…………………………………….It is unfortunately not often appreciated that IVF should never be undertaken without a prior, thorough and comprehensive clinical and psychological evaluation. IVF is an emotional, financial and physical roller coaster which is only worth contemplating when you have reasonable expectations about the outcome. It is simply not good enough to jump right in to the process without undergoing an in-depth assessment of all the variables that can impact outcome. Always remember…., IVF is a classic example of the "chain being as strong as it’s weakest link". So “plan the trip, before taking the ride” or be prepared for a poor outcome.
Simply because a woman conceives once does not mean that she is just as likely (or even able) to be successful again. Let me pose two (2) theoretical examples to clarify what I mean:
Example #1: A woman with endometriosis has one baby with fertility drugs than cannot get pregnant a second time after repeated attempts with the same treatment: All women with endometriosis (regardless of severity) inevitably have to contend with the existence of “peritoneal toxins” in the pelvic secretions on the surface of and surrounding their ovaries, tubes and uteri .When upon ovulation, eggs pass from the ovary to the tube(s), they come in contact with this “toxic peritoneal factor” which renders the envelopment of the egg(the zona pellucida) less pregnable to sperm. As a consequence, such eggs subsequently 4 to 6 times less likely to be successfully fertilized upon arriving in the Fallopian tube(s).. This explains why a 35year old woman who has endometriosis will have about a 3% chance of conceiving per month of trying as compared with about 15% in for fertile woman of the same age. The “toxic peritoneal factor impacts on eggs that are ovulated (whether spontaneously or following the use of fertility drugs) and serves to explain why the chance of pregnancy is much reduced in normally ovulating women with endometriosis, regardless of whether fertility drugs and/or intrauterine insemination is used , or whether endometriotic deposits are removed surgically.

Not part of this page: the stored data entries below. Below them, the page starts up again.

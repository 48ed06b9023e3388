-- ===== src/Router/Built.antt =====
-- src/router.rs: what `from_yaml` builds, from the variables of its two loops.
use nyasniproxy.Base.{
  ok_same, passed, ℕ, false, List, [], Option, none, some, Bytes, Error, ok, ◌≡◌, refl, sym, ap,
  ◌∙◌, bail_if, bind-eq-ok, or_fail, is_empty, to_ascii_lowercase,
}
use nyasniproxy.Proxy.{Url, ProxyConfig}
use nyasniproxy.Config.{FileConfig}
use nyasniproxy.Router.{
  HashWrite, Hop, Runtime, Build, add_rules, empty_build, load_proxies, resolve, sort_by_key,
  routing_fingerprint, from_yaml,
}
use nyasniproxy.Router.Routes.{Follows}

set_default :
    (o : Option (List Hop)) {d : List Hop} → or_fail o Error.default_required ≡ ok d → o ≡ some d
set_default none h = cc
set_default (some a) h = cc

-- What the loops have built, and the names of the runtime.
pub record Built (parse_url : Bytes → Option Url) (yaml : FileConfig) (names : List Bytes)
    : Type 0 where
  pub proxies : List (Bytes × ProxyConfig)
  pub loaded : load_proxies parse_url yaml.proxies [] ≡ ok proxies
  pub build : Build
  pub built : add_rules proxies yaml.rules empty_build ≡ ok build
  pub fallback : List Hop
  pub set : build.default ≡ some fallback
  pub filled : is_empty fallback ≡ false
  pub names_are : names ≡ sort_by_key to_ascii_lowercase build.hostnames

module _ (parse_url : Bytes → Option Url) (finish : List HashWrite → ℕ) (yaml : FileConfig) where
  pub from_yaml-Built :
      {rt : Runtime} → from_yaml parse_url finish yaml ≡ ok rt → Built parse_url yaml rt.hostnames
  unfolding from_yaml
  from_yaml-Built e =
      let (proxies, loaded, e1) = bind-eq-ok (load_proxies parse_url yaml.proxies []) _ e in
      let (b, built, e2) = bind-eq-ok (add_rules proxies yaml.rules empty_build) _ e1 in
      let (d, set, e3) = bind-eq-ok (or_fail b.default Error.default_required) _ e2 in
      let (u, filled, e4) = bind-eq-ok (bail_if (is_empty d) Error.default_empty) _ e3 in
      record {
        proxies = proxies;
        loaded = loaded;
        build = b;
        built = built;
        fallback = d;
        set = set_default b.default set;
        filled = passed _ Error.default_empty filled;
        names_are = ap Runtime.hostnames (sym (ok_same e4));
      }

  pub Built-from_yaml :
      (names : List Bytes)
      → Built parse_url yaml names
      → (rt : Runtime) × (from_yaml parse_url finish yaml ≡ ok rt) × (rt.hostnames ≡ names)
  unfolding from_yaml
  Built-from_yaml names b =
      let rt : Runtime = record {
        router = record { rules = b.build.rules; default = b.fallback };
        hostnames = sort_by_key to_ascii_lowercase b.build.hostnames;
        fingerprint = routing_fingerprint finish yaml;
      } in
      (rt, rw (b.loaded, b.built, b.set, b.filled) refl, sym b.names_are)

-- The same rules on proxies that resolve alike leave the same entry.
pub Follows-same :
    (m l : List (Bytes × ProxyConfig)) (said : Option (List Bytes)) {o o' : Option (List Hop)}
    → ((names : List Bytes) → resolve m names ≡ resolve l names)
    → Follows m said none o
    → Follows l said none o'
    → o ≡ o'
Follows-same m l none same f g = f ∙ sym g
Follows-same m l (some names) same (hops, r, e) (hops', r', e') =
    e ∙ ap some (ok_same (sym r ∙ same names ∙ r')) ∙ sym e'
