-- ===== src/Router/Known.antt =====
-- src/router.rs: when the names of a rule are those of proxies, and `resolve` finds them.
use nyasniproxy.Base.{
  Bool, true, false, List, [], ◌∷◌, Option, none, some, Bytes, Error, ok, ◌≡◌, refl, sym, ap, ◌∙◌,
  inl, inr, ok_same, any, is_empty, bytes_eq, All, Bool-cases, Option-cases, bind-eq-ok, or_fail,
}
use nyasniproxy.Proxy.{Url, ProxyConfig}
use nyasniproxy.Config.{or_option}
use nyasniproxy.Router.{Hop, get, load_proxies, resolve}
use nyasniproxy.Router.Sorting.{last_of}
use nyasniproxy.Router.Entries.{entry, load_proxies-get}
use nyasniproxy.Router.Success.{Loads}

-- The configuration has a proxy of this name.
abbrev pub has_proxy : List (Bytes × Bytes) → Bytes → Bool
has_proxy ps name = any (λ p. bytes_eq p.0 name) ps

-- A map has an entry.
abbrev pub Has : List (Bytes × ProxyConfig) → Bytes → Type 0
Has m name = (c : ProxyConfig) × (get m name ≡ some c)

module _ (parse_url : Bytes → Option Url) where
  last_entry-some :
      (name : Bytes) (ps : List (Bytes × Bytes))
      → All (Loads parse_url) ps
      → has_proxy ps name ≡ true
      → (c : ProxyConfig) × (last_of (entry parse_url name) ps ≡ some c)
  last_entry-some name [] h e = cc
  last_entry-some name (p ∷ ps) h e = elim (Option-cases (last_of (entry parse_url name) ps)) [
    | inr (c, later) ↦ (c, rw later refl)
    | inl no_later ↦ elim (Bool-cases (bytes_eq p.0 name)) [
      | inl same ↦ (h.0.0, rw (no_later, same, h.0.1) refl)
      | inr other ↦
          let (c, later) = last_entry-some name ps h.1 (rw other at e) in
          absurd (cc (later, no_later))
    ]
  ]

  last_entry-none :
      (name : Bytes) (ps : List (Bytes × Bytes))
      → has_proxy ps name ≡ false
      → last_of (entry parse_url name) ps ≡ none
  last_entry-none name [] e = refl
  last_entry-none name (p ∷ ps) e = elim (Bool-cases (bytes_eq p.0 name)) [
    | inl same ↦ cc (rw same at e)
    | inr other ↦ rw (other, last_entry-none name ps (rw other at e)) refl
  ]

  pub load_proxies-Has :
      (ps : List (Bytes × Bytes)) (name : Bytes) {m : List (Bytes × ProxyConfig)}
      → All (Loads parse_url) ps
      → load_proxies parse_url ps [] ≡ ok m
      → has_proxy ps name ≡ true
      → Has m name
  unfolding get
  load_proxies-Has ps name h loaded e =
      let (c, last) = last_entry-some name ps h e in
      (c, load_proxies-get parse_url ps [] name loaded ∙ rw last refl)

  pub Has-load_proxies :
      (ps : List (Bytes × Bytes)) (name : Bytes) {m : List (Bytes × ProxyConfig)}
      → load_proxies parse_url ps [] ≡ ok m
      → Has m name
      → has_proxy ps name ≡ true
  unfolding get
  Has-load_proxies ps name {m} loaded (c, here) = elim (Bool-cases (has_proxy ps name)) [
    | inl t ↦ t
    | inr f ↦
        let gone : get m name ≡ none =
          load_proxies-get parse_url ps [] name loaded
          ∙ ap (λ o. or_option o none) (last_entry-none name ps f) in
        cc (here, gone)
  ]

-- Names that are resolved, to as many hops.
pub resolve-Has :
    (m : List (Bytes × ProxyConfig)) (names : List Bytes) {hops : List Hop}
    → resolve m names ≡ ok hops
    → All (Has m) names × (is_empty hops ≡ is_empty names)
unfolding resolve
resolve-Has m [] e = (tt, ap is_empty (sym (ok_same e)))
resolve-Has m (name ∷ names) e =
    let (c, here, e1) = bind-eq-ok (or_fail (get m name) (Error.unknown_proxy name)) _ e in
    let (rest, later, e2) = bind-eq-ok (resolve m names) _ e1 in
    (((c, given (get m name) here), (resolve-Has m names later).0), ap is_empty (sym (ok_same e2)))
  where
    given :
        (o : Option ProxyConfig) {c : ProxyConfig}
        → or_fail o (Error.unknown_proxy name) ≡ ok c
        → o ≡ some c
    given none h = cc
    given (some a) h = cc

pub Has-resolve :
    (m : List (Bytes × ProxyConfig)) (names : List Bytes)
    → All (Has m) names
    → (hops : List Hop) × (resolve m names ≡ ok hops)
unfolding resolve
Has-resolve m [] h = ([], refl)
Has-resolve m (name ∷ names) h =
    let (hops, later) = Has-resolve m names h.1 in
    (record { name = name; proxy = h.0.0 } ∷ hops, rw (h.0.1, later) refl)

An ovulating woman who fits the bill as outlined above in example #1, does have a chance (albeit markedly reduced) but this chance is markedly compromised and can only be improved by side tracking the toxins in the pelvis through IVF. .AND if such a woman were to conceive following spontaneous or induced, her chances of repeating her good fortune again, by the same approach would revert to being much reduced. It would be wrong for her or her physician to assert otherwise. But alas, all to often the prior pregnancy leads to a sense of false confidence that the same good fortune will again occur, just as easily as the first time. Often times this results in women trying cycle after cycle , often for years , only to be rewarded by “failure” and despondency. Eventually time runs out as, her egg quality declines with age and her ovarian reserve becomes depleted as she gets nearer to the pre-menopause.

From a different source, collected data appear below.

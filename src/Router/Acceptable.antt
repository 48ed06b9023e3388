-- ===== src/Router/Acceptable.antt =====
-- src/router.rs: which configurations `from_yaml` accepts.
use nyasniproxy.Base.{
  ℕ, true, false, List, [], Option, none, some, Bytes, ok, some_same, ◌≡◌, ◌⊎◌, ◌↔◌, refl, sym, ap,
  ◌∙◌, is_empty, subst, All, All-imp, to_ascii_lowercase,
}
use nyasniproxy.Target.{is_valid_hostname}
use nyasniproxy.Proxy.{Url, ProxyConfig}
use nyasniproxy.Config.{FileConfig}
use nyasniproxy.Config.Parse.{is_default}
use nyasniproxy.Router.{
  HashWrite, Hop, Runtime, load_proxies, resolve, empty_build, sort_by_key, from_yaml,
}
use nyasniproxy.Router.Routes.{last_default, Follows, add_rules-AddsAll}
use nyasniproxy.Router.Success.{
  Loads, load_proxies-Loads, Loads-load_proxies, Adds, add_rules-Adds, Adds-add_rules,
}
use nyasniproxy.Router.Built.{Built, from_yaml-Built, Built-from_yaml}
use nyasniproxy.Router.Known.{
  has_proxy, load_proxies-Has, Has-load_proxies, resolve-Has, Has-resolve,
}

-- A rule is for the default or for a host, and names proxies that the configuration has.
pub record IsRule (yaml : FileConfig) (r : Bytes × List Bytes) : Type 0 where
  pub key : (is_default r.0 ≡ true) ⊎ (is_valid_hostname r.0 ≡ true)
  pub proxies_known : All (λ name. has_proxy yaml.proxies name ≡ true) r.1

-- Every proxy has an accepted URL, every rule is one, and the last default names a proxy.
pub record IsAcceptable (parse_url : Bytes → Option Url) (yaml : FileConfig) : Type 0 where
  pub urls : All (Loads parse_url) yaml.proxies
  pub rules : All (IsRule yaml) yaml.rules
  pub fallback : List Bytes
  pub fallback_is : last_default yaml.rules ≡ some fallback
  pub fallback_given : is_empty fallback ≡ false

-- The default that the rules leave.
default_names :
    (proxies : List (Bytes × ProxyConfig)) (said : Option (List Bytes)) {o : Option (List Hop)}
    {hops : List Hop}
    → Follows proxies said none o
    → o ≡ some hops
    → (names : List Bytes) × (said ≡ some names) × (resolve proxies names ≡ ok hops)
default_names proxies none f e = cc
default_names proxies (some names) (hops', resolved, o_is) e =
    (names, refl, resolved ∙ ap ok (some_same (sym o_is ∙ e)))

module _ (parse_url : Bytes → Option Url) (yaml : FileConfig) where
  Built-IsAcceptable :
      (names : List Bytes) → Built parse_url yaml names → IsAcceptable parse_url yaml
  Built-IsAcceptable names b =
      let (fallback, said, resolved) =
        default_names b.proxies (last_default yaml.rules)
          (add_rules-AddsAll b.proxies yaml.rules empty_build b.built).all_default b.set in
      record {
        urls = load_proxies-Loads parse_url yaml.proxies [] b.loaded;
        rules =
            All-imp
              (λ r a. record {
                key = a.key_ok;
                proxies_known =
                    All-imp (λ name. Has-load_proxies parse_url yaml.proxies name b.loaded) r.1
                      (resolve-Has b.proxies r.1 a.resolved).0;
              })
              yaml.rules (add_rules-Adds b.proxies yaml.rules empty_build b.built);
        fallback = fallback;
        fallback_is = said;
        fallback_given = sym (resolve-Has b.proxies fallback resolved).1 ∙ b.filled;
      }

  IsAcceptable-Built :
      IsAcceptable parse_url yaml → (names : List Bytes) × Built parse_url yaml names
  IsAcceptable-Built h =
      let (m, loaded) = Loads-load_proxies parse_url yaml.proxies [] h.urls in
      let (b, built) =
        Adds-add_rules m yaml.rules empty_build
          (All-imp (λ r i. known_rule m loaded r i) yaml.rules h.rules) in
      let follows : Follows m (some h.fallback) none b.default =
        subst (λ said. Follows m said none b.default) h.fallback_is
          (add_rules-AddsAll m yaml.rules empty_build built).all_default in
      let (hops, resolved, set) = follows in
      (
        sort_by_key to_ascii_lowercase b.hostnames,
        record {
          proxies = m;
          loaded = loaded;
          build = b;
          built = built;
          fallback = hops;
          set = set;
          filled = (resolve-Has m h.fallback resolved).1 ∙ h.fallback_given;
          names_are = refl;
        },
      )
    where
      known_rule :
          (m : List (Bytes × ProxyConfig))
          → load_proxies parse_url yaml.proxies [] ≡ ok m
          → (r : Bytes × List Bytes) → IsRule yaml r
          → Adds m r
      known_rule m loaded r i =
          let (hops, resolved) = Has-resolve m r.1 (
            All-imp (λ name. load_proxies-Has parse_url yaml.proxies name h.urls loaded) r.1
              i.proxies_known) in
          record { key_ok = i.key; hops = hops; resolved = resolved }

-- `from_yaml` builds a runtime for exactly the configurations in which every proxy has an accepted
-- URL, every rule is for the default or for a valid host name and names only proxies that the
-- configuration has, and the last rule for the default names at least one.
pub from_yaml_iff :
    (parse_url : Bytes → Option Url) (finish : List HashWrite → ℕ) (yaml : FileConfig)
    → ((rt : Runtime) × (from_yaml parse_url finish yaml ≡ ok rt)) ↔ IsAcceptable parse_url yaml
from_yaml_iff parse_url finish yaml = (
  (λ r. Built-IsAcceptable parse_url yaml _ (from_yaml-Built parse_url finish yaml r.1)),
  (λ h.
      let (names, b) = IsAcceptable-Built parse_url yaml h in
      let (rt, e, same) = Built-from_yaml parse_url finish yaml names b in (rt, e)),
)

Example #2: A 36 year old woman with endometriosis does IVF, has a baby but cannot conceive a few years later after trying IVF again and again and again…. The reason might be that 30% of women with endometriosis develop uterine natural killer cell activation (NKa) . This might not have occurred to the extent of precluding a viable pregnancy by her first IVF attempt, but now is in full force…resulting in a profound immunologic implantation problem. Going to IVF was appropriate but failure to keep an eye open for an emerging immunologic implantation problem…was in my opinion constitutes an error of omission. She might well have had another IVF baby had she undergone NKa down-regulation with IVIG 7-14 days prior to embryo transfer and perhaps had one follow up IVIF infusion upon the diagnosis of pregnancy!
So, simply because one confounding issue (e.g natural killer cell activation [NKa] is detected does not mean that other issues are not coexisting or in the process of developing.

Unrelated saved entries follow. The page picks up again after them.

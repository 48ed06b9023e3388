-- ===== src/Router/Fallback.antt =====
-- src/router.rs: `connect_with_fallback` tries the proxies in order.
use nyasniproxy.Base.{
  ℕ, suc, ◌+◌, List, Bytes, [], ◌∷◌, ◌++◌, Result, Error, ok, err, ◌≡◌, refl, ap, inl, inr, arith,
  length, Result-cases, subst,
}
use nyasniproxy.Target.{Target}
use nyasniproxy.Proxy.Tunnel.{ProxyStream}
use nyasniproxy.Proxy.Connect.{Attempt, connect}
use nyasniproxy.Router.{Hop, connect_hops, connect_with_fallback}

module _ (base64 : Bytes → Bytes) (attempts : ℕ → Attempt) (t : Target) where
  -- Every one of these proxies refuses, in the attempts from the `n`-th on.
  abbrev pub Refused : ℕ → List Hop → Type 0
  Refused n [] = Unit
  Refused n (hop ∷ hops) =
      ((e : Error) × (connect base64 hop.proxy t (attempts n) ≡ err e)) × Refused (suc n) hops

  pub record IsFirst (n : ℕ) (hops : List Hop) (stream : ProxyStream) : Type 0 where
    pub before : List Hop
    pub hop : Hop
    pub after : List Hop
    pub parts : hops ≡ before ++ (hop ∷ after)
    pub refused : Refused n before
    pub accepted : connect base64 hop.proxy t (attempts (n + length before)) ≡ ok stream

  abbrev pub TriesInOrder : ℕ → List Hop → Result ProxyStream → Type 0
  TriesInOrder n hops (ok stream) = IsFirst n hops stream
  TriesInOrder n hops (err e) = Refused n hops

  later :
      (n : ℕ) (hop : Hop) (hops : List Hop) (e : Error) (r : Result ProxyStream)
      → connect base64 hop.proxy t (attempts n) ≡ err e
      → TriesInOrder (suc n) hops r
      → TriesInOrder n (hop ∷ hops) r
  later n hop hops e (ok stream) fails f = record {
    before = hop ∷ f.before;
    hop = f.hop;
    after = f.after;
    parts = ap (◌∷◌ hop) f.parts;
    refused = ((e, fails), f.refused);
    accepted =
        subst (λ k. connect base64 (Hop.proxy f.hop) t (attempts k) ≡ ok stream) (omega arith)
          f.accepted;
  }
  later n hop hops e (err e') fails refused = ((e, fails), refused)

  connect_hops-TriesInOrder :
      (hops : List Hop) (n : ℕ) (e : Error)
      → TriesInOrder n hops (connect_hops base64 attempts t n e hops)
  unfolding connect_hops
  connect_hops-TriesInOrder [] n e = tt
  connect_hops-TriesInOrder (hop ∷ hops) n e =
      elim (Result-cases (connect base64 hop.proxy t (attempts n))) [
        | inl (stream, accepts) ↦
            rw (accepts, connect_hops)
              (record {
                before = [];
                hop = hop;
                after = hops;
                parts = refl;
                refused = tt;
                accepted =
                    subst (λ k. connect base64 hop.proxy t (attempts k) ≡ ok stream) (omega arith)
                      accepts;
              })
        | inr (e', fails) ↦
            rw (fails, connect_hops)
              (later n hop hops e' (connect_hops base64 attempts t (suc n) e' hops) fails
                (connect_hops-TriesInOrder hops (suc n) e'))
      ]

-- `connect_with_fallback` returns the tunnel of the first proxy in the list that accepts, after
-- every proxy in front of it has refused; it fails only after all of them have refused.
pub connect_with_fallback-TriesInOrder :
    (base64 : Bytes → Bytes) (attempts : ℕ → Attempt) (hops : List Hop) (t : Target)
    → TriesInOrder base64 attempts t 0 hops (connect_with_fallback base64 attempts hops t)
unfolding connect_with_fallback
connect_with_fallback-TriesInOrder base64 attempts hops t =
    connect_hops-TriesInOrder base64 attempts t hops 0 Error.no_proxy_candidates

my favorite part is his conclusion
|This is one of my biggest gripes about how IVF is often conducted because failure to perform a THOROUGH and comprehensive evaluation in all women undergoing IVF represents a serious error of omission and one that fundamentally compromises the chance of a success birth following IVF. After all, this is NOT about doing IVF, it is about having a baby and the cost of the latter not the former is what counts. Simply stated, if treatment for IVF is approached correctly and all variables that affect seed (embryo) quality and Soil (uterine receptivity) are evaluated and addressed thoroughly upfront, then the cost per baby (emotional, physical and financial goes DOWN).|
If you now cannot afford to be properly and thoroughly reassessed and treated, do not do another IVF. Save your money for the child you already have been blessed with!